= Chunwei =

Chinese name associated with the Xiongnu peoples

Chunwei (淳維; Old Chinese: ZS: *djun-ɢʷi; B-S: *[d]u[r]-ɢʷij) is a name associated with the Xiongnu, a tribal confederation of nomadic peoples who, according to ancient Chinese sources, inhabited the eastern Eurasian Steppe from the 3rd century BC to the late 1st century AD.

==Overview==
In Sima Qian's Shiji, the Xiongnu were mentioned as Shanrong, Xianyun, and Hunyu "since before the time of Tang [i.e. Emperor Yao] and Yu [i.e. Emperor Shun]".

3rd century scholar Wei Zhao also identified the name Chunwei with the name of the Xiongnu: "During the Han (206 BC – 220 AD) they were called Xiongnu, and the Hunyu is just another name for the same people, and similarly, the Xunyu is just another transcription of Chunwei, their ancestor’s name". In Shiji jijie (Collected Explanations on Historical Records) Liu Song historian Pei Yin quoted Jin Zhuo's statement that "In Yao's time they were called Hunyu; in Zhou's time they were called Xianyun; in Qin's time they were called Xiongnu." In Shiji Suoyin "Seeking the Obscure in the Records", Tang historian Sima Zhen quoted from Fengsu Tongyi "Comprehensive Meaning of Customs and Mores", by Ying Shao, that "In the time of Yin, they were called Xunyu, which was changed to Xiongnu"; however, this quote no longer exists in Fengsu Tongyi's received text.
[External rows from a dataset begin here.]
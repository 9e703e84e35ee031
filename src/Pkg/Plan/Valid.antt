-- ===== src/Pkg/Plan/Valid.antt =====
-- A valid plan is closed under dependencies (src/pkg_plan.c: build_plan).
use mathlib.Core.Path.{subst}
use guppy.Prelude.{
  ℕ, zero, suc, ◌<◌, ◌≡◌, inl, inr, refl, sym, Bool, true, false, not, Option, none, some, arith,
  ◌==◌, ◌||◌, List, [], ◌∷◌, length, Bool-cases,
}
use guppy.Ascii.{Bytes}
use guppy.Deb.Depend.{DebDepGroup, Parsed, parsed, failed, deb_dep_parse}
use guppy.Pkg.Repo.{PkgRepoEntry, PkgRepo}
use guppy.Pkg.Choose.{Choice, choose_alt, present_as}
use guppy.Pkg.Plan.{
  Node, Plan, node_at, update, node_for, position, unless_failed, empty_plan, set_installed,
  set_visiting, disagrees, with_entry, linked, expand_group, expand_groups, with_groups,
  expand_field, leave, enter, expand, rooted, with_root, build_plan,
}
use guppy.Pkg.Plan.Kept.{Found, node_for-Found, Kept-trans}
use guppy.Pkg.Plan.Grown.{Call, Grows-update, expand-Grows}
use guppy.Pkg.Plan.Closed.{
  InPlan, ClosedEntry, ClosedNodes, position-Kept, update-NamesKept, ClosedNodes-NamesKept,
  ClosedNodes-update,
}
use guppy.Pkg.Plan.Settled.{
  SettledFor, AllDone, Settled-AllDone, node_for-Settled, SettledBut-update,
}
use guppy.Pkg.Plan.Expanded.{expand-Good}

-- A call that fails has marked the plan.
abbrev Marks : Plan × Bool → Type 0
Marks r = r.1 ≡ false → r.0.valid ≡ false

abbrev Marking : Call → Type 0
Marking rec = (ni : ℕ) (p : Plan) → Marks (rec ni p)

unless_failed-Marks :
    (r : Plan × Bool) (next : Plan → Plan × Bool)
    → Marks r
    → ((q : Plan) → Marks (next q))
    → Marks (unless_failed r next)
unless_failed-Marks (q, false) next m h = m
unless_failed-Marks (q, true) next m h = h q

linked-Marks :
    (rec : Call) (ni is_inst : ℕ) (o : Option (Plan × ℕ)) (p : Plan)
    → Marking rec
    → Marks (linked rec ni is_inst o p)
linked-Marks rec ni is_inst none p m = λ h. refl
linked-Marks rec ni is_inst (some (q, di)) p m = m di _

with_entry-Marks :
    (rec : Call) (ni : ℕ) (e : PkgRepoEntry) (g : DebDepGroup) (c : Choice)
    (o : Option PkgRepoEntry) (p : Plan)
    → Marking rec
    → Marks (with_entry rec ni e g c o p)
with_entry-Marks rec ni e g c none p m = λ h. refl
with_entry-Marks rec ni e g c (some d) p m =
    elim (Bool-cases (disagrees (node_at (position d.package_name p.n) p.n) c.chosen_alt)) [
      | inl a ↦ rw a (λ h. refl)
      | inr a ↦ rw a (linked-Marks rec ni c.is_inst (node_for p d) p m)
    ]

leave-Marks : (ni : ℕ) (r : Plan × Bool) → Marks r → Marks (leave ni r)
unfolding leave
leave-Marks ni (q, ok) m = m

module _ (repo : PkgRepo) (rec : Call) (marks : Marking rec) where
  expand_groups-Marks :
      (ni : ℕ) (e : PkgRepoEntry) (gs : List DebDepGroup) (p : Plan)
      → Marks (expand_groups repo rec ni e gs p)
  unfolding expand_groups expand_group
  expand_groups-Marks ni e [] p = λ h. absurd (ground (arith, h))
  expand_groups-Marks ni e (g ∷ gs) p =
      unless_failed-Marks (expand_group repo rec ni e g p) (expand_groups repo rec ni e gs)
        (elim (Bool-cases ((choose_alt repo g).is_inst == 2)) [
          | inl a ↦ rw a (λ h. absurd (ground (arith, h)))
          | inr a ↦ rw a (with_entry-Marks rec ni e g (choose_alt repo g) _ p marks)
        ])
        (expand_groups-Marks ni e gs)

  with_groups-Marks :
      (ni : ℕ) (e : PkgRepoEntry) (r : Parsed (List DebDepGroup)) (p : Plan)
      → Marks (with_groups repo rec ni e r p)
  with_groups-Marks ni e (parsed gs) p = expand_groups-Marks ni e gs p
  with_groups-Marks ni e (failed code) p = λ h. refl

  expand_field-Marks :
      (ni : ℕ) (e : PkgRepoEntry) (s : Bytes) (p : Plan) → Marks (expand_field repo rec ni e s p)
  unfolding expand_field
  expand_field-Marks ni e [] p = λ h. absurd (ground (arith, h))
  expand_field-Marks ni e (c ∷ cs) p = with_groups-Marks ni e (deb_dep_parse (c ∷ cs)) p

  enter-Marks : (ni : ℕ) (o : Option Node) (p : Plan) → Marks (enter repo rec ni o p)
  enter-Marks ni none p = λ h. absurd (ground (arith, h))
  enter-Marks ni (some n) p = elim (Bool-cases (n.done || n.visiting)) [
    | inl a ↦ rw a (λ h. absurd (ground (arith, h)))
    | inr a ↦
        let p1 = record p { n = update ni (set_visiting true) p.n } in
        rw a (
          leave-Marks ni _ (
            unless_failed-Marks (expand_field repo rec ni n.e n.e.pre_depends p1)
              (expand_field repo rec ni n.e n.e.depends)
              (expand_field-Marks ni n.e n.e.pre_depends p1)
              (expand_field-Marks ni n.e n.e.depends)))
  ]

expand-Marks : (repo : PkgRepo) (rounds : ℕ) → Marking (expand repo rounds)
unfolding expand
expand-Marks repo zero ni p = λ h. refl
expand-Marks repo (suc rounds) ni p =
    enter-Marks repo (expand repo rounds) (expand-Marks repo rounds) ni (node_at ni p.n) p

valid-ok : (r : Plan × Bool) → Marks r → r.0.valid ≡ true → r.1 ≡ true
valid-ok (q, true) m v = refl
valid-ok (q, false) m v = absurd (ground (arith, m refl, v))

abbrev pub AllClosed : PkgRepo → (plan : List Node) → List Node → Type 0
AllClosed repo plan [] = Unit {0}
AllClosed repo plan (n ∷ ns) = ClosedEntry repo plan n.e × AllClosed repo plan ns

AllDone-AllClosed :
    (repo : PkgRepo) (plan ns : List Node)
    → AllDone ns
    → ClosedNodes repo plan ns
    → AllClosed repo plan ns
AllDone-AllClosed repo plan [] d c = tt
AllDone-AllClosed repo plan (n ∷ ns) d c = (c.0 d.0, AllDone-AllClosed repo plan ns d.1 c.1)

-- The requested package is in the plan.
abbrev pub HasRoot : Option PkgRepoEntry → List Node → Type 0
HasRoot none ns = ⊥
HasRoot (some e) ns = InPlan ns e

abbrev pub Complete : PkgRepo → Option PkgRepoEntry → Plan × Option ℕ → Type 0
Complete repo o (p, ri) = HasRoot o p.n × AllClosed repo p.n p.n

rooted-Complete :
    (repo : PkgRepo) (name : Bytes) (e : PkgRepoEntry) (o : Option (Plan × ℕ))
    → Found empty_plan e o
    → SettledFor repo o
    → (rooted repo name e o).0.valid ≡ true
    → Complete repo (some e) (rooted repo name e o)
rooted-Complete repo name e none f s v = absurd (ground (arith, v))
rooted-Complete repo name e (some (q, ri)) f s v =
    let b = not (present_as (repo.state_lookup name) e == 0) in
    let q1 = record q { n = update ri (set_installed b) q.n } in
    let r = expand repo 513 ri q1 in
    let ok = valid-ok r (expand-Marks repo 513 ri q1) v in
    let c =
      ClosedNodes-NamesKept repo q.n q1.n q1.n
        (update-NamesKept ri (set_installed b) q.n (λ m. refl))
        (ClosedNodes-update repo q.n ri (set_installed b) q.n (λ m. (refl, refl)) s.0) in
    let t = SettledBut-update ri (set_installed b) q.n (λ m. refl) ri s.1 in
    let good = expand-Good repo 513 ri q1 c t ok in
    let k1 = (Grows-update ri b q).kept in
    let k2 = (expand-Grows repo 513 ri q1).kept in
    let none_visiting = Kept-trans [] q1.n r.0.n (Kept-trans [] q.n q1.n f.grows.kept k1) k2 in
    (
      position-Kept e.package_name q1.n r.0.n k2 (
          position-Kept e.package_name q.n q1.n k1
            (subst (λ i. i < length q.n) (sym f.place) f.inside)),
      AllDone-AllClosed repo r.0.n r.0.n (Settled-AllDone r.0.n good.1 none_visiting) good.0,
    )

with_root-Complete :
    (repo : PkgRepo) (name : Bytes) (o : Option PkgRepoEntry)
    → (with_root repo name o).0.valid ≡ true
    → Complete repo o (with_root repo name o)
with_root-Complete repo name none v = absurd (ground (arith, v))
with_root-Complete repo name (some e) v =
    rooted-Complete repo name e (node_for empty_plan e) (node_for-Found empty_plan e)
      (node_for-Settled repo empty_plan e tt tt (refl, tt)) v

-- A plan that build_plan calls valid has the requested package, and for every group of the
-- dependencies and pre-dependencies of each of its packages, the package chosen for that group, but
-- for the groups that the target satisfies with a package the repository has not. So cycles,
-- alternatives and virtual packages leave no dependency out.
pub build_plan-Complete :
    (repo : PkgRepo) (name : Bytes)
    → (build_plan repo name).0.valid ≡ true
    → Complete repo (repo.find_best name none none) (build_plan repo name)
unfolding build_plan
build_plan-Complete repo name v = with_root-Complete repo name (repo.find_best name none none) v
Sima Qian wrote that the Xiongnu's ruling clan were descendants of Chunwei, a descendant of Yu the Great. Chunwei is alleged to be a son of Jie of Xia (the Xia dynasty's last ruler). Sima Zhen stated that Yue Chan wrote in the now-lost Guadipu (Register of the Encompassing Lands) that: "Jie, (ruler of) the House of Xia lived an immoral life. Tang exiled him to Mingtiao, he died there three years later. His son Xunyu married his concubines and they wandered far away to the northern wilderness in search of pasture lands, and then in the Middle Kingdom they were mentioned as Xiongnu." Sima Zhen also quoted Zhang Yan's statement that "Chunwei, during the Yin era, fled to the northern borders."

However, Goldin (2011) points out chronological difficulties resulting from attempts to identify Chunwei with Hunyu and Xunyu. (Note: Goldin transliterates both 葷粥 (in Yue Chan's Guadipu) & 獯粥 (in Sima Zhen's Suoyin) in pinyin as Xunyu and proposes that they were both pronounced *xur-luk in Old Chinese. Other versions of the same name are 獯鬻 in Mencius and 薰育 in "Annals of Zhou" of Shiji.) If one would literally interpret "since before the time of Tang and Yu" (when the Hunyu had supposedly existed) (Note: Sima Qian states that the Yellow Emperor himself drove out the Hunyu 葷粥 in the North.) in Sima Qian's Shiji and would identify Chunwei with Hunyu and Xunyu, this would result in Chunwei, allegedly a son of Jie of the Xia dynasty, living before instead of many generations after Yao and Shun, both of whom had lived and ruled before the Xia dynasty. Moreover, Goldin (2011) reconstructs the Old Chinese pronunciations of Hunyu and Xunyu as *xur-luk, as hram′-lun′, and as *xoŋ-NA; and comments all three names are "manifestly unrelated"; he further states that sound changes made the names more superficially similar than they really had been, and prompted later historians and commentators to conclude that those names must have referred to one same people in different epochs, even though people during the Warring States period would never have been thus misled.

Another theory suggests that Qi (a small state, supposedly descendants of Xia) later occupied a smaller state state called "Chunyu" and made it their last capital before being conquered by Chu. Chunyu/Chunwei may simply be the name of a city.